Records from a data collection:
· · · · ·
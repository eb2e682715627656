-- ===== src/Trading/MarketOrder.antt =====
-- trading/strategy/market_order.h: the orders and price levels of a client's book, and the best bid
-- and offer. A pointer is a block's index in its memory pool, and `none` is the null pointer.
use nano_trade.Base.{ℕ, Option, none}
use nano_trade.Base.Int.{ℤ}
use nano_trade.Common.Types.{Side, order_id_invalid, price_invalid, qty_invalid, priority_invalid}

pub record MarketOrder : Type 0 where
  pub order_id : ℕ
  pub side : Side
  pub price : ℤ
  pub qty : ℕ
  pub priority : ℕ
  pub prev_order : Option ℕ
  pub next_order : Option ℕ

-- `MarketOrder()`
abbrev pub no_order : MarketOrder
no_order = record {
  order_id = order_id_invalid;
  side = Side.invalid;
  price = price_invalid;
  qty = qty_invalid;
  priority = priority_invalid;
  prev_order = none;
  next_order = none;
}

pub record MarketOrdersAtPrice : Type 0 where
  pub side : Side
  pub price : ℤ
  pub first_mkt_order : Option ℕ
  pub prev_entry : Option ℕ
  pub next_entry : Option ℕ

-- `MarketOrdersAtPrice()`
abbrev pub no_level : MarketOrdersAtPrice
no_level = record {
  side = Side.invalid;
  price = price_invalid;
  first_mkt_order = none;
  prev_entry = none;
  next_entry = none;
}

pub record Bbo : Type 0 where
  pub bid_price : ℤ
  pub ask_price : ℤ
  pub bid_qty : ℕ
  pub ask_qty : ℕ

-- `BBO()`
abbrev pub no_bbo : Bbo
no_bbo = record {
  bid_price = price_invalid;
  ask_price = price_invalid;
  bid_qty = qty_invalid;
  ask_qty = qty_invalid;
}
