-- ===== src/Backtest/FillSimulator.antt =====
-- backtest/fill_simulator.h and fill_simulator.cpp: fills for the orders of a strategy against a
-- recorded market.
pub mod Fills
mod Tests
use nano_trade.Base.{
  ℕ, ◌+◌, ◌-◌, min, Bool, true, false, not, ◌&&◌, ◌||◌, ◌==◌, ltb, leb, if◌then◌else◌, Option, none,
  some, List, [], ◌∷◌,
}
use nano_trade.Base.Int.{ℤ, eqb_ℤ, pos_part, neg_part}
use nano_trade.Common.Types.{
  Side, side_to_value, price_invalid, qty_invalid, priority_invalid, to_u64, is_buy, is_sell,
}
use nano_trade.Common.LfQueue.{LfQueue, push}
use nano_trade.Trading.MarketOrder.{Bbo}
use nano_trade.Exchange.Messages.{
  MeClientRequest, ClientRequestType, MeClientResponse, ClientResponseType, MeMarketUpdate,
  MarketUpdateType,
}

pub data FillMode : Type 0 where
  aggressive_only queue_aware : FillMode

pub record PendingOrder : Type 0 where
  pub req : MeClientRequest
  pub bbo_at_submit : Bbo
  pub leaves_qty : ℕ
  pub queue_ahead_qty : ℕ
  pub priority_watermark : ℕ
  pub queue_aware : Bool

-- The unordered map of pending orders is a list of its entries, in the order of iteration, which may
-- be any.
pub record FillSimulator : Type 0 where
  pub mode : FillMode
  pub outgoing_responses : LfQueue MeClientResponse
  pub global_priority_watermark : ℕ
  pub pending : List (ℕ × PendingOrder)
  pub next_market_order_id : ℕ
  pub fills_emitted : ℕ
  pub passive_fills_emitted : ℕ

unfoldable pub init : FillMode → LfQueue MeClientResponse → FillSimulator
init mode responses = record {
  mode = mode;
  outgoing_responses = responses;
  global_priority_watermark = 0;
  pending = [];
  next_market_order_id = 1;
  fills_emitted = 0;
  passive_fills_emitted = 0;
}

abbrev pub response :
    MeClientRequest → ClientResponseType → (exec_qty leaves_qty : ℕ) → ℤ → ℕ → MeClientResponse
response req type exec_qty leaves_qty fill_price market_order_id = record {
  type = type;
  client_id = req.client_id;
  ticker_id = req.ticker_id;
  client_order_id = req.order_id;
  market_order_id = market_order_id;
  side = req.side;
  price = fill_price;
  exec_qty = exec_qty;
  leaves_qty = leaves_qty;
}

-- The response goes out under the next market order number.
unfoldable pub emit_response :
    FillSimulator
    → MeClientRequest
    → ClientResponseType
    → (exec_qty leaves_qty : ℕ) → ℤ
    → FillSimulator
emit_response s req type exec_qty leaves_qty fill_price = record s {
  outgoing_responses =
      push s.outgoing_responses
        (response req type exec_qty leaves_qty fill_price s.next_market_order_id);
  next_market_order_id = to_u64 (s.next_market_order_id + 1);
}

abbrev pub geb_ℤ : ℤ → ℤ → Bool
geb_ℤ a b = leb (pos_part b + neg_part a) (pos_part a + neg_part b)

-- `tryAggressiveFill`: the quantity and the price of the fill, or `none`.
unfoldable pub aggressive_fill : MeClientRequest → Bbo → (leaves_qty : ℕ) → Option (ℕ × ℤ)
aggressive_fill req cur leaves_qty =
    let ask_avail = if cur.ask_qty == qty_invalid then 0 else cur.ask_qty in
    let bid_avail = if cur.bid_qty == qty_invalid then 0 else cur.bid_qty in
    if is_buy req.side && (not (eqb_ℤ cur.ask_price price_invalid) && geb_ℤ req.price cur.ask_price)
    then if min leaves_qty ask_avail == 0
      then none
      else some (min leaves_qty ask_avail, cur.ask_price)
    else if is_sell req.side
        && (not (eqb_ℤ cur.bid_price price_invalid) && geb_ℤ cur.bid_price req.price)
    then if min leaves_qty bid_avail == 0
      then none
      else some (min leaves_qty bid_avail, cur.bid_price)
    else none

-- Called in the queue aware mode only, whose book is not null.
unfoldable pub snapshot_queue_ahead : Bbo → ℤ → Side → ℕ
snapshot_queue_ahead cur price side =
    if is_buy side && (eqb_ℤ price cur.bid_price && not (cur.bid_qty == qty_invalid))
    then cur.bid_qty
    else if is_sell side && (eqb_ℤ price cur.ask_price && not (cur.ask_qty == qty_invalid))
    then cur.ask_qty
    else 0

-- What of a trade or a cancel was ahead of the order.
abbrev pub consumed_ahead : PendingOrder → MeMarketUpdate → ℕ
consumed_ahead po ev =
    if leb ev.priority po.priority_watermark then min ev.qty po.queue_ahead_qty else 0

-- A trade at the price and on the side of the order: the order, and the quantity that it fills, 0 for
-- no fill.
unfoldable pub passive_trade : PendingOrder → MeMarketUpdate → PendingOrder × ℕ
passive_trade po ev =
    let ahead = po.queue_ahead_qty - consumed_ahead po ev in
    let trade_left = ev.qty - consumed_ahead po ev in
    let fill_qty = min po.leaves_qty trade_left in
    if (ahead == 0) && (ltb 0 trade_left && ltb 0 po.leaves_qty)
    then (record po { queue_ahead_qty = ahead; leaves_qty = po.leaves_qty - fill_qty }, fill_qty)
    else (record po { queue_ahead_qty = ahead }, 0)

unfoldable pub passive_cancel : PendingOrder → MeMarketUpdate → PendingOrder
passive_cancel po ev = record po { queue_ahead_qty = po.queue_ahead_qty - consumed_ahead po ev }

abbrev pub is_concerned : PendingOrder → MeMarketUpdate → Bool
is_concerned po ev =
    po.queue_aware
    && (eqb_ℤ po.req.price ev.price && eqb_ℤ (side_to_value po.req.side) (side_to_value ev.side))

unfoldable pub passive_event : PendingOrder → MeMarketUpdate → PendingOrder × ℕ
unfolding passive_trade passive_cancel
passive_event po ev = if not (is_concerned po ev) then (po, 0) else elim ev.type [
  | MarketUpdateType.trade ↦ passive_trade po ev
  | MarketUpdateType.cancel ↦ (passive_cancel po ev, 0)
  | _ ↦ (po, 0)
]

-- The response to a fill from the queue.
unfoldable pub emit_passive : FillSimulator → PendingOrder → ℕ → FillSimulator
unfolding emit_response
emit_passive s po fill_qty =
    let t = emit_response s po.req ClientResponseType.filled fill_qty po.leaves_qty po.req.price in
    record t {
      fills_emitted = to_u64 (t.fills_emitted + 1);
      passive_fills_emitted = to_u64 (t.passive_fills_emitted + 1);
    }

-- The loop over the pending orders: those that are left, and the simulator.
unfoldable pub passive_events :
    MeMarketUpdate
    → List (ℕ × PendingOrder)
    → FillSimulator
    → List (ℕ × PendingOrder) × FillSimulator
unfolding passive_event emit_passive
passive_events ev [] s = ([], s)
passive_events ev ((k, po) ∷ pos) s =
    let (po', fill_qty) = passive_event po ev in
    let t = if fill_qty == 0 then s else emit_passive s po' fill_qty in
    let (rest, u) = passive_events ev pos t in
    if not (fill_qty == 0) && (po'.leaves_qty == 0) then (rest, u) else ((k, po') ∷ rest, u)

unfoldable pub on_sim_market_event : FillSimulator → MeMarketUpdate → FillSimulator
unfolding passive_events
on_sim_market_event s ev =
    let watermark =
      if not (ev.priority == priority_invalid) && ltb s.global_priority_watermark ev.priority
      then ev.priority
      else s.global_priority_watermark in
    let (left, t) =
      passive_events ev s.pending (record s { global_priority_watermark = watermark }) in
    record t { pending = left }

unfoldable pub find : ℕ → List (ℕ × PendingOrder) → Bool
find k [] = false
find k ((j, _) ∷ q) = (j == k) || find k q

unfoldable pub erase : ℕ → List (ℕ × PendingOrder) → List (ℕ × PendingOrder)
erase k [] = []
erase k ((j, po) ∷ q) = let rest = erase k q in if j == k then rest else (j, po) ∷ rest

-- The body of the loop over the requests; `emplace` does nothing for a number that is there.
unfoldable pub on_request : FillSimulator → Bbo → MeClientRequest → FillSimulator
unfolding emit_response find erase
on_request s bbo req = elim req.type [
  | ClientRequestType.new ↦
      let t = emit_response s req ClientResponseType.accepted 0 req.qty req.price in
      if find req.order_id t.pending then t else record t {
        pending =
            (
              req.order_id,
              record {
                req = req;
                bbo_at_submit = bbo;
                leaves_qty = req.qty;
                queue_ahead_qty = 0;
                priority_watermark = 0;
                queue_aware = false;
              },
            )
            ∷ t.pending;
      }
  | ClientRequestType.cancel ↦
      if find req.order_id s.pending
      then (let t = emit_response s req ClientResponseType.canceled 0 0 req.price in
          record t { pending = erase req.order_id t.pending })
      else emit_response s req ClientResponseType.cancel_rejected 0 0 req.price
  | ClientRequestType.invalid ↦ s
]

abbrev pub bbo_changed : Bbo → Bbo → Bool
bbo_changed a b =
    not (eqb_ℤ a.bid_price b.bid_price)
    || (not (eqb_ℤ a.ask_price b.ask_price)
        || (not (a.bid_qty == b.bid_qty) || not (a.ask_qty == b.ask_qty)))

-- An order that the current prices do not fill: it may join the queue at its price.
unfoldable pub rest_order : FillSimulator → Bbo → PendingOrder → PendingOrder
unfolding snapshot_queue_ahead
rest_order s cur po = elim s.mode [
  | FillMode.queue_aware ↦ if po.queue_aware then record po { bbo_at_submit = cur } else record po {
    bbo_at_submit = cur;
    queue_ahead_qty = snapshot_queue_ahead cur po.req.price po.req.side;
    priority_watermark = s.global_priority_watermark;
    queue_aware = true;
  }
  | FillMode.aggressive_only ↦ record po { bbo_at_submit = cur }
]

unfoldable pub emit_aggressive : FillSimulator → PendingOrder → ℕ → ℤ → FillSimulator
unfolding emit_response
emit_aggressive s po fill_qty fill_price =
    let t = emit_response s po.req ClientResponseType.filled fill_qty 0 fill_price in
    record t { fills_emitted = to_u64 (t.fills_emitted + 1) }

-- The loop over the pending orders for the current prices.
unfoldable pub aggressive_fills :
    Bbo → List (ℕ × PendingOrder) → FillSimulator → List (ℕ × PendingOrder) × FillSimulator
unfolding aggressive_fill emit_aggressive rest_order
aggressive_fills cur [] s = ([], s)
aggressive_fills cur ((k, po) ∷ pos) s =
    elim (if bbo_changed cur po.bbo_at_submit
      then aggressive_fill po.req cur po.leaves_qty
      else none) [
        | none ↦
            let (rest, t) = aggressive_fills cur pos s in
            ((k, if bbo_changed cur po.bbo_at_submit then rest_order s cur po else po) ∷ rest, t)
        | some (fill_qty, fill_price) ↦
            aggressive_fills cur pos (emit_aggressive s po fill_qty fill_price)
      ]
· · · · ·
Of all the entries above, repeat only the lines from the line that has "pub data FillMode : Type 0 where" to the line that has "pub next_market_order_id : ℕ", both lines included, exactly.

pub data FillMode : Type 0 where
  aggressive_only queue_aware : FillMode

pub record PendingOrder : Type 0 where
  pub req : MeClientRequest
  pub bbo_at_submit : Bbo
  pub leaves_qty : ℕ
  pub queue_ahead_qty : ℕ
  pub priority_watermark : ℕ
  pub queue_aware : Bool

-- The unordered map of pending orders is a list of its entries, in the order of iteration, which may
-- be any.
pub record FillSimulator : Type 0 where
  pub mode : FillMode
  pub outgoing_responses : LfQueue MeClientResponse
  pub global_priority_watermark : ℕ
  pub pending : List (ℕ × PendingOrder)
  pub next_market_order_id : ℕ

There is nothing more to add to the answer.